Ditch refined sugar, alcohol, caffeine and non-organic foods as much as possible. Drink tons of water every day, and fill up on fresh vegetables for every meal, especially leafy greens! Foods that specifically help detoxify the liver include celery, avocado, beets, ginger, garlic and onions.
If you’re really struggling with hormone imbalances, it may be best to do a 3- to 4-week detox program.
#3: Stress Management
This should go without saying, but managing your stress levels and learning how to minimize unnecessary stress will go a long way to balance cortisol and other hormones.
Practice daily self-care, worry less, and take 5 deep breaths when that co-worker irritates you next time! (Because we all have those co-workers, right???)
#4: Exercise Regularly
Too much steady-state cardio can increase your stress hormone production, so aim for a good balance between cardio, interval training and strength building exercises. HIIT can be very beneficial for keeping your hormones balanced IF you’re not dealing with chronic exhaustion or adrenal fatigue. In that case, stick with low impact, restorative exercises like yoga, resistance training and stretching.
A single imbalanced hormone can impact your entire body and lead to an array of confusing health symptoms. Keep your hormones balanced by eliminating refined sugar, gluten, dairy and other inflammatory and/or highly toxic foods. Focus on eating lots of fresh fruits and vegetables and don’t forget your healthy fats! Foods like raw nuts and seeds, avocados, and coconut oil help boost the resources needed to nourish the endocrine system and keep cortisol production normalized.

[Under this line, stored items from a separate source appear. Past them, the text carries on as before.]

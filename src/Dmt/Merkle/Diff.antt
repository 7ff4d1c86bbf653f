-- ===== src/Dmt/Merkle/Diff.antt =====
-- `GetDiff`: the keys of one tree that another lacks or holds with a different value.
pub mod Full
use datura.Prelude.{
  ℕ, suc, Bool, true, false, Option, none, some, List, [], ◌∷◌, ◌++◌, if◌then◌else◌, Ordering,
}
use datura.Prelude.Bytes.{Bytes, bytes_equal, bytes_compare}
use datura.Dmt.Merkle.Nodes.{
  MerkleNode, leaf, pair, single, hash_of, key_of, value_of, MerkleSnapshot, MerkleTree,
  lookup_leaf,
}

pub record DiffEntry : Type 0 where
  pub key : Bytes
  pub value : Bytes
  pub modified : Bool

abbrev pub entry : MerkleNode → Bool → DiffEntry
entry node modified = record { key = key_of node; value = value_of node; modified = modified }

-- `leftNode.Key != nil`: `Insert` copies an empty key to nil.
abbrev pub has_key : MerkleNode → Bool
has_key (leaf a [] v h) = false
has_key (leaf a (b ∷ k) v h) = true
has_key (pair a l r h) = false
has_key (single a l h) = false

-- What `diffNode` appends for a leaf of the left tree.
unfoldable pub diff_leaf : MerkleNode → MerkleSnapshot → List DiffEntry
unfolding lookup_leaf
diff_leaf node other = elim (lookup_leaf other (key_of node)) [
  | none ↦ entry node false ∷ []
  | some theirs ↦ if bytes_equal (value_of node) (value_of theirs) then [] else entry node true ∷ []
]

-- `diffNode`, with what it appends as its value. The two trees are descended together, and a side
-- that has no counterpart is passed over.
unfoldable pub diff_node : MerkleNode → MerkleNode → MerkleSnapshot → List DiffEntry
unfolding diff_leaf
diff_node (leaf a k v h) right other =
    if bytes_equal h (hash_of right)
    then []
    else (if has_key (leaf a k v h) then diff_leaf (leaf a k v h) other else [])
diff_node (pair a l r h) (pair a' l' r' h') other =
    let down = diff_node l l' other ++ diff_node r r' other in if bytes_equal h h' then [] else down
diff_node (pair a l r h) (single a' l' h') other =
    let down = diff_node l l' other in if bytes_equal h h' then [] else down
diff_node (pair a l r h) (leaf a' k v h') other = []
diff_node (single a l h) (pair a' l' r' h') other =
    let down = diff_node l l' other in if bytes_equal h h' then [] else down
diff_node (single a l h) (single a' l' h') other =
    let down = diff_node l l' other in if bytes_equal h h' then [] else down
diff_node (single a l h) (leaf a' k v h') other = []

-- `fullDiff`: one pass over both sorted leaf slices.
unfoldable pub full_diff : List MerkleNode → List MerkleNode → List DiffEntry
full_diff [] rs = []
full_diff (l ∷ ls) [] = entry l false ∷ full_diff ls []
full_diff (l ∷ ls) (r ∷ rs) =
    let both = full_diff ls rs in
    let only_left = full_diff ls (r ∷ rs) in
    let only_right = full_diff (l ∷ ls) rs in
    elim (bytes_compare (key_of l) (key_of r)) [
      | Ordering.eq ↦ if bytes_equal (value_of l) (value_of r) then both else entry l true ∷ both
      | Ordering.lt ↦ entry l false ∷ only_left
      | Ordering.gt ↦ only_right
    ]

unfoldable pub get_diff : MerkleTree → MerkleTree → List DiffEntry
unfolding diff_node full_diff
get_diff t other =
    let left = t.snapshot in
    let right = other.snapshot in
    elim left.root [
      | none ↦ full_diff left.leaves right.leaves
      | some l ↦ elim right.root [
        | none ↦ full_diff left.leaves right.leaves
        | some r ↦ diff_node l r right
      ]
    ]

Recipe: Hormone-friendly Cho-Coco Fat Bombs
- ½ cup almond or other nut butter, no sugar-added (if nut-sensitive, use sesame tahini or sunflower seed butter)
- ½ cup virgin coconut oil
- 3 Tbs raw, unprocessed cacao powder
- stevia, xylitol or monk fruit to sweeten to taste
- silicone candy mould or mini-muffin pan
- splash of real vanilla extract or vanilla powder
- cinnamon or ginger
- pinch of Himalayan pink salt or Celtic grey salt
How to prepare:
- In a large skillet melt coconut oil and nut butter over low heat.
- Stir in cacao powder and desired sweetener.
- Remove from heat and add vanilla (+ other add-ins), if using.
- You may want to pour mixture into a “spouted” cup to make pouring easier.
- Pour mixture into silicone candy molds or mini-muffin pan (about 1 Tb of mixture)
- Put in freezer or fridge until set.
- Remove from molds and store in the fridge in an airtight container.
Be mindful that each fat bomb is considered a full serving of fat – great for curbing the appetite, satisfying a sweet tooth and supporting your hormones with the building blocks they need!